In the entries below, find each line with the word "rest" and pull it out.

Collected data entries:
- Opening Delimiter -

-- ===== src/Admission/Accounting.antt =====
-- What the node's memory account adds up to.
use llamesh.Prelude.{
  ℕ, ◌+◌, ◌≤◌, ◌≡◌, refl, ◌∙◌, max, Bool, true, false, ◌&&◌, Option, none, some, List, [], ◌∷◌,
  String, arith, is_some, if◌then◌else◌,
}
use llamesh.Prelude.Word.{u64_max}
use llamesh.Prelude.Eq.{string_key}
use llamesh.Prelude.Dict.{Dict}
use llamesh.SpawnReservations.{MemoryCommitment, ReservationState}
use llamesh.Admission.Account.{
  Instance, GpuMemorySnapshot, Samples, Totals, no_totals, unwrap_or, live_reading, committed,
  add_commitment, add_commitments, add_instance, add_unleased, resource_accounting,
}

-- What one commitment is charged: the larger of its estimate and its reading, while it loads or
-- cannot be read, and else the reading.
abbrev pub charge : Bool → Option ℕ → ℕ → ℕ
charge ready live estimate =
    if ready && is_some live then unwrap_or live 0 else max estimate (unwrap_or live 0)

abbrev pub vram_charge : Samples → MemoryCommitment → ℕ
vram_charge s e = charge e.ready (live_reading s.sample_vram e.pid) e.estimate.0

abbrev pub sysmem_charge : Samples → MemoryCommitment → ℕ
sysmem_charge s e = charge e.ready (live_reading s.sample_sysmem e.pid) e.estimate.1

-- The sum of a charge over the registry, and of the instances that hold no reservation.
abbrev pub charges : (MemoryCommitment → ℕ) → Dict String MemoryCommitment → ℕ
charges f [] = 0
charges f ((id, e) ∷ entries) = f e + charges f entries

abbrev pub unleased : (ℕ × ℕ → ℕ) → List Instance → ℕ
unleased part [] = 0
unleased part (i ∷ is) = (if i.has_reservation then 0 else part i.learned_memory) + unleased part is

abbrev pub device_used : Option GpuMemorySnapshot → ℕ
device_used none = 0
device_used (some snapshot) = snapshot.used_mb

abbrev pub vram_of : ℕ × ℕ → ℕ
vram_of m = m.0

abbrev pub sysmem_of : ℕ × ℕ → ℕ
sysmem_of m = m.1

observed_and_committed :
    (ready : Bool) (live : Option ℕ) (estimate : ℕ)
    → unwrap_or live 0 + committed ready live estimate ≡ charge ready live estimate
observed_and_committed true none estimate = ground arith
observed_and_committed true (some x) estimate = ground arith
observed_and_committed false none estimate = ground arith
observed_and_committed false (some x) estimate = ground arith

add_commitments_total :
    (s : Samples) (t : Totals) (entries : Dict String MemoryCommitment)
    → t.vram + t.promised_vram + charges (vram_charge s) entries ≤ u64_max
    → t.sysmem + t.promised_sysmem + charges (sysmem_charge s) entries ≤ u64_max
    → ((add_commitments s t entries).vram + (add_commitments s t entries).promised_vram
        ≡ t.vram + t.promised_vram + charges (vram_charge s) entries)
      × ((add_commitments s t entries).sysmem + (add_commitments s t entries).promised_sysmem
          ≡ t.sysmem + t.promised_sysmem + charges (sysmem_charge s) entries)
unfolding add_commitments
add_commitments_total s t [] hv hs = (omega arith, omega arith)
add_commitments_total s t ((id, e) ∷ entries) hv hs =
    let t' = add_commitment s t id e in
    let v = observed_and_committed e.ready (live_reading s.sample_vram e.pid) e.estimate.0 in
    let m = observed_and_committed e.ready (live_reading s.sample_sysmem e.pid) e.estimate.1 in
    let ev : t'.vram + t'.promised_vram ≡ t.vram + t.promised_vram + vram_charge s e =
      omega (arith, v) in
    let es : t'.sysmem + t'.promised_sysmem ≡ t.sysmem + t.promised_sysmem + sysmem_charge s e =
      omega (arith, m) in
    let rest = add_commitments_total s t' entries (omega (arith, ev)) (omega (arith, es)) in
    (omega (arith, rest.0, ev), omega (arith, rest.1, es))

add_instance_total :
    (t : Totals) (i : Instance)
    → t.vram + (if i.has_reservation then 0 else i.learned_memory.0) ≤ u64_max
    → t.sysmem + (if i.has_reservation then 0 else i.learned_memory.1) ≤ u64_max
    → ((add_instance t i).vram ≡ t.vram + (if i.has_reservation then 0 else i.learned_memory.0))
      × ((add_instance t i).sysmem
          ≡ t.sysmem + (if i.has_reservation then 0 else i.learned_memory.1))
      × ((add_instance t i).promised_vram ≡ t.promised_vram)
      × ((add_instance t i).promised_sysmem ≡ t.promised_sysmem)
unfolding add_instance
add_instance_total t i hv hs = ground arith

add_unleased_total :
    (t : Totals) (instances : List Instance)
    → t.vram + unleased vram_of instances ≤ u64_max
    → t.sysmem + unleased sysmem_of instances ≤ u64_max
    → ((add_unleased t instances).vram ≡ t.vram + unleased vram_of instances)
      × ((add_unleased t instances).sysmem ≡ t.sysmem + unleased sysmem_of instances)
      × ((add_unleased t instances).promised_vram ≡ t.promised_vram)
      × ((add_unleased t instances).promised_sysmem ≡ t.promised_sysmem)
unfolding add_unleased
add_unleased_total t [] hv hs = (omega arith, omega arith, refl, refl)
add_unleased_total t (i ∷ is) hv hs =
    let one = add_instance_total t i (omega arith) (omega arith) in
    let rest =
      add_unleased_total (add_instance t i) is (omega (arith, one.0)) (omega (arith, one.1)) in
    (omega (arith, rest.0, one.0), omega (arith, rest.1, one.1), rest.2 ∙ one.2, rest.3 ∙ one.3)

-- No commitment is left out of the account: short of saturation the effective memory of the node
-- is at least what its commitments are charged, each the larger of estimate and reading until it
-- is ready and read, and what was learned of the instances without one; and its VRAM is at least
-- what the device reports as used.
pub resource_accounting_bounds :
    (s : Samples) (reservations : ReservationState) (instances : List Instance)
    → charges (vram_charge s) reservations.entries
        + unleased vram_of instances
        + device_used s.sample_device_vram
      ≤ u64_max
    → charges (sysmem_charge s) reservations.entries + unleased sysmem_of instances ≤ u64_max
    → (charges (vram_charge s) reservations.entries + unleased vram_of instances
        ≤ (resource_accounting s reservations instances).resources.effective_vram_mb)
      × (device_used s.sample_device_vram
          ≤ (resource_accounting s reservations instances).resources.effective_vram_mb)
      × (charges (sysmem_charge s) reservations.entries + unleased sysmem_of instances
          ≡ (resource_accounting s reservations instances).resources.effective_sysmem_mb)
unfolding resource_accounting
resource_accounting_bounds s reservations instances hv hs =
    let t = add_commitments s no_totals reservations.entries in
    let c = add_commitments_total s no_totals reservations.entries (omega arith) (omega arith) in
    let u = add_unleased_total t instances (omega (arith, c.0)) (omega (arith, c.1)) in
    (ground (arith, c.0, u.0, u.2), ground (arith, c.0, u.0, u.2), ground (arith, c.1, u.1, u.3))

- Closing Delimiter -

OUTPUT OF THE TASK:
    let rest = add_commitments_total s t' entries (omega (arith, ev)) (omega (arith, es)) in
    (omega (arith, rest.0, ev), omega (arith, rest.1, es))
    let rest =
    (omega (arith, rest.0, one.0), omega (arith, rest.1, one.1), rest.2 ∙ one.2, rest.3 ∙ one.3)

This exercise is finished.